Problem requirements → How many lines in these records hold the string "there"? State only that number.

Supplied information below:

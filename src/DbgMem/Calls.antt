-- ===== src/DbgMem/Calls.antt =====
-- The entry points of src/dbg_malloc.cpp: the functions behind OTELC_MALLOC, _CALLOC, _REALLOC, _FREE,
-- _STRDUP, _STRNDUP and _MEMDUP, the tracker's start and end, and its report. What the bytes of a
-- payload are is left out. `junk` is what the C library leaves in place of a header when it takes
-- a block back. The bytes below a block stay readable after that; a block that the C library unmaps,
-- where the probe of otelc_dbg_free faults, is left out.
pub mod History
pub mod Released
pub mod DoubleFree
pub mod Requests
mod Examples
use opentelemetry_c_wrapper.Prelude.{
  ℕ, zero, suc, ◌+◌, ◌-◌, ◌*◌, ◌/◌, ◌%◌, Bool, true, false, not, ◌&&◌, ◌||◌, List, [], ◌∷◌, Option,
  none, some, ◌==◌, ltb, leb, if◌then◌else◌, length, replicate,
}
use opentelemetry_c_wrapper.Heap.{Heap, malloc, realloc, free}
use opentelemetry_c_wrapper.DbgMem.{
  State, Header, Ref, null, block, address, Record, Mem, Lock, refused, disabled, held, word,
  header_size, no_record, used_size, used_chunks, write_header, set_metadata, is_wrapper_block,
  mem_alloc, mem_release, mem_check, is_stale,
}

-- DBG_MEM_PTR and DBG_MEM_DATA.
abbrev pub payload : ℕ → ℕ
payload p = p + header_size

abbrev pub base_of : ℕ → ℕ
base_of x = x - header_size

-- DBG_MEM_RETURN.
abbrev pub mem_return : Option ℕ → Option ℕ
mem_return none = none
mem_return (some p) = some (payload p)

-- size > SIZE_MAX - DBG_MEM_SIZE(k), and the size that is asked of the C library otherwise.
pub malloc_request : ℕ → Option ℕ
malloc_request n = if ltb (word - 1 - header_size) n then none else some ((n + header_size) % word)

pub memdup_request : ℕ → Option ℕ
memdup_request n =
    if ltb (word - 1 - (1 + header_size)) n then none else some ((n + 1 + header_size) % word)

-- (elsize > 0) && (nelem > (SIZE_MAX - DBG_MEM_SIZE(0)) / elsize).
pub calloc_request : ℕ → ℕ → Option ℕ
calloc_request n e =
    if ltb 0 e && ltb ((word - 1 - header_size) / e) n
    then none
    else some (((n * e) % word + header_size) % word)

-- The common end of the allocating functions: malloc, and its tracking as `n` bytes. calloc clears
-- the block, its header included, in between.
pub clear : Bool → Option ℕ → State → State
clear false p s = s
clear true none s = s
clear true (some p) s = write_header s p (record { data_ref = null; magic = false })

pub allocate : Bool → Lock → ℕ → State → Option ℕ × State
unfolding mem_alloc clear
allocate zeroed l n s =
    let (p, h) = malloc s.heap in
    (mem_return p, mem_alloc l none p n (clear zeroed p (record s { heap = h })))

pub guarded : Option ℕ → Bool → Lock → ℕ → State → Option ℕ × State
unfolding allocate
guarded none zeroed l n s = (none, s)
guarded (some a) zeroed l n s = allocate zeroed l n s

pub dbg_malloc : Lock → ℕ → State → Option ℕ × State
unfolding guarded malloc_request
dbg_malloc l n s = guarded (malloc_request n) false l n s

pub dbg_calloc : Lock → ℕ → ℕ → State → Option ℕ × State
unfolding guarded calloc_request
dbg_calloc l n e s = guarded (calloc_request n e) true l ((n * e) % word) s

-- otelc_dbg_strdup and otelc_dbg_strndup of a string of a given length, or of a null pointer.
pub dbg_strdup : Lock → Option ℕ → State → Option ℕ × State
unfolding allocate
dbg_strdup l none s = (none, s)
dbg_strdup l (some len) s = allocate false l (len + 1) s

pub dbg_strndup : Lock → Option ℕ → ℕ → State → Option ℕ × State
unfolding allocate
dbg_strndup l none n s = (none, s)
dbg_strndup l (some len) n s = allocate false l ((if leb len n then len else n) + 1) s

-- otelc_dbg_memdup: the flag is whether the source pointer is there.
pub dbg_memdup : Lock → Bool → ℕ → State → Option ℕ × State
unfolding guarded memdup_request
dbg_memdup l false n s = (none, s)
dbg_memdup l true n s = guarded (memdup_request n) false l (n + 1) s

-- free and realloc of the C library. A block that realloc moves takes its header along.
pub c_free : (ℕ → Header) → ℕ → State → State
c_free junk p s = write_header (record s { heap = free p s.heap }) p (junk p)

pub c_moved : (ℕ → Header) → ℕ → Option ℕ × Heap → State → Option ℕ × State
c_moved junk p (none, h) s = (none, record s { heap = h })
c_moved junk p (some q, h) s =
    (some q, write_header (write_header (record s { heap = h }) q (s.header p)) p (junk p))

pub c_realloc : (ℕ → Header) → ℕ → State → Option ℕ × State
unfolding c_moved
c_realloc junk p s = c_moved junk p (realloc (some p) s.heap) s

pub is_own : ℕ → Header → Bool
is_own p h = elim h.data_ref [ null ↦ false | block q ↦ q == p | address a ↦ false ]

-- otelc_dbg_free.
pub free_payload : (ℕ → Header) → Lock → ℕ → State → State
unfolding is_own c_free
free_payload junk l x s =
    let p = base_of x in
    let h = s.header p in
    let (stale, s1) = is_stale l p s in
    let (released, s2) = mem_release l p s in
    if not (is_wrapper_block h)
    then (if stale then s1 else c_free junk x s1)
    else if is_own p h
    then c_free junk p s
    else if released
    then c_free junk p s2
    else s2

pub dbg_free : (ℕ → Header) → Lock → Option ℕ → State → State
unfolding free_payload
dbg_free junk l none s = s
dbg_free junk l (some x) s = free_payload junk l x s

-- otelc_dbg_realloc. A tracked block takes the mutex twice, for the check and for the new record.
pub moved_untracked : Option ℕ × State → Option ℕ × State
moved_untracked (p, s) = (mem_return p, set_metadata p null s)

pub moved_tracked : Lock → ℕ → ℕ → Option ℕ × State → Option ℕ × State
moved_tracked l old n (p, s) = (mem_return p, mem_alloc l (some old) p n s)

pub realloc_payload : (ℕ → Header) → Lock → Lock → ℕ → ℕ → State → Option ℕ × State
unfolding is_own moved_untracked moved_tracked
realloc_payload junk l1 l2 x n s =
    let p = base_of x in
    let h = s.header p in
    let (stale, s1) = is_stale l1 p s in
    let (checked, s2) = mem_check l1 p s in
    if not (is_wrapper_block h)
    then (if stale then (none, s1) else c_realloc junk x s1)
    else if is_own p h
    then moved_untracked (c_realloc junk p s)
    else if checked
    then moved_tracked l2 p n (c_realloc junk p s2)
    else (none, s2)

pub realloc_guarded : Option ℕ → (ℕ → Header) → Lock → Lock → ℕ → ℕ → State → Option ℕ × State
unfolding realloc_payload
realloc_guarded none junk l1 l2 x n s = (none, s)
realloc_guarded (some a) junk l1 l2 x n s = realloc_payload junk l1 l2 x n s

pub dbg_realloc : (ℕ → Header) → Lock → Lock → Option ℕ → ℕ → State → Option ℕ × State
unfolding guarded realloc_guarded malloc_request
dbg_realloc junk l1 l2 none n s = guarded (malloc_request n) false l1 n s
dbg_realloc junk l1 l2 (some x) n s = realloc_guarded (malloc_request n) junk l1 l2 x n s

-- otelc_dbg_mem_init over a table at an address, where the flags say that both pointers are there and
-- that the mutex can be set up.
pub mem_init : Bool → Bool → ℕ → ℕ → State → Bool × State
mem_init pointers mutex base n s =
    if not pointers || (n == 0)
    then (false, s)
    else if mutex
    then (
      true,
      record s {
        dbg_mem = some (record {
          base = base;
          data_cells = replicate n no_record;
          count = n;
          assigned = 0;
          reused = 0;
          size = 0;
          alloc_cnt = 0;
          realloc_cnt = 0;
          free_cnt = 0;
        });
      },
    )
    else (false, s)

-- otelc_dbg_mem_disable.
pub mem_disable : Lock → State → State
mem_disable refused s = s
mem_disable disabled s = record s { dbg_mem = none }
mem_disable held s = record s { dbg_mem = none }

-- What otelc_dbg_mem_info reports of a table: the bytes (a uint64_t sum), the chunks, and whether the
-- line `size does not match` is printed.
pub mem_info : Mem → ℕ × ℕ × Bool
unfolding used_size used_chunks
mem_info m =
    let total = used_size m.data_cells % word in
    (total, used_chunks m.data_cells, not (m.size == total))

End of Supplied information.

Task result → 2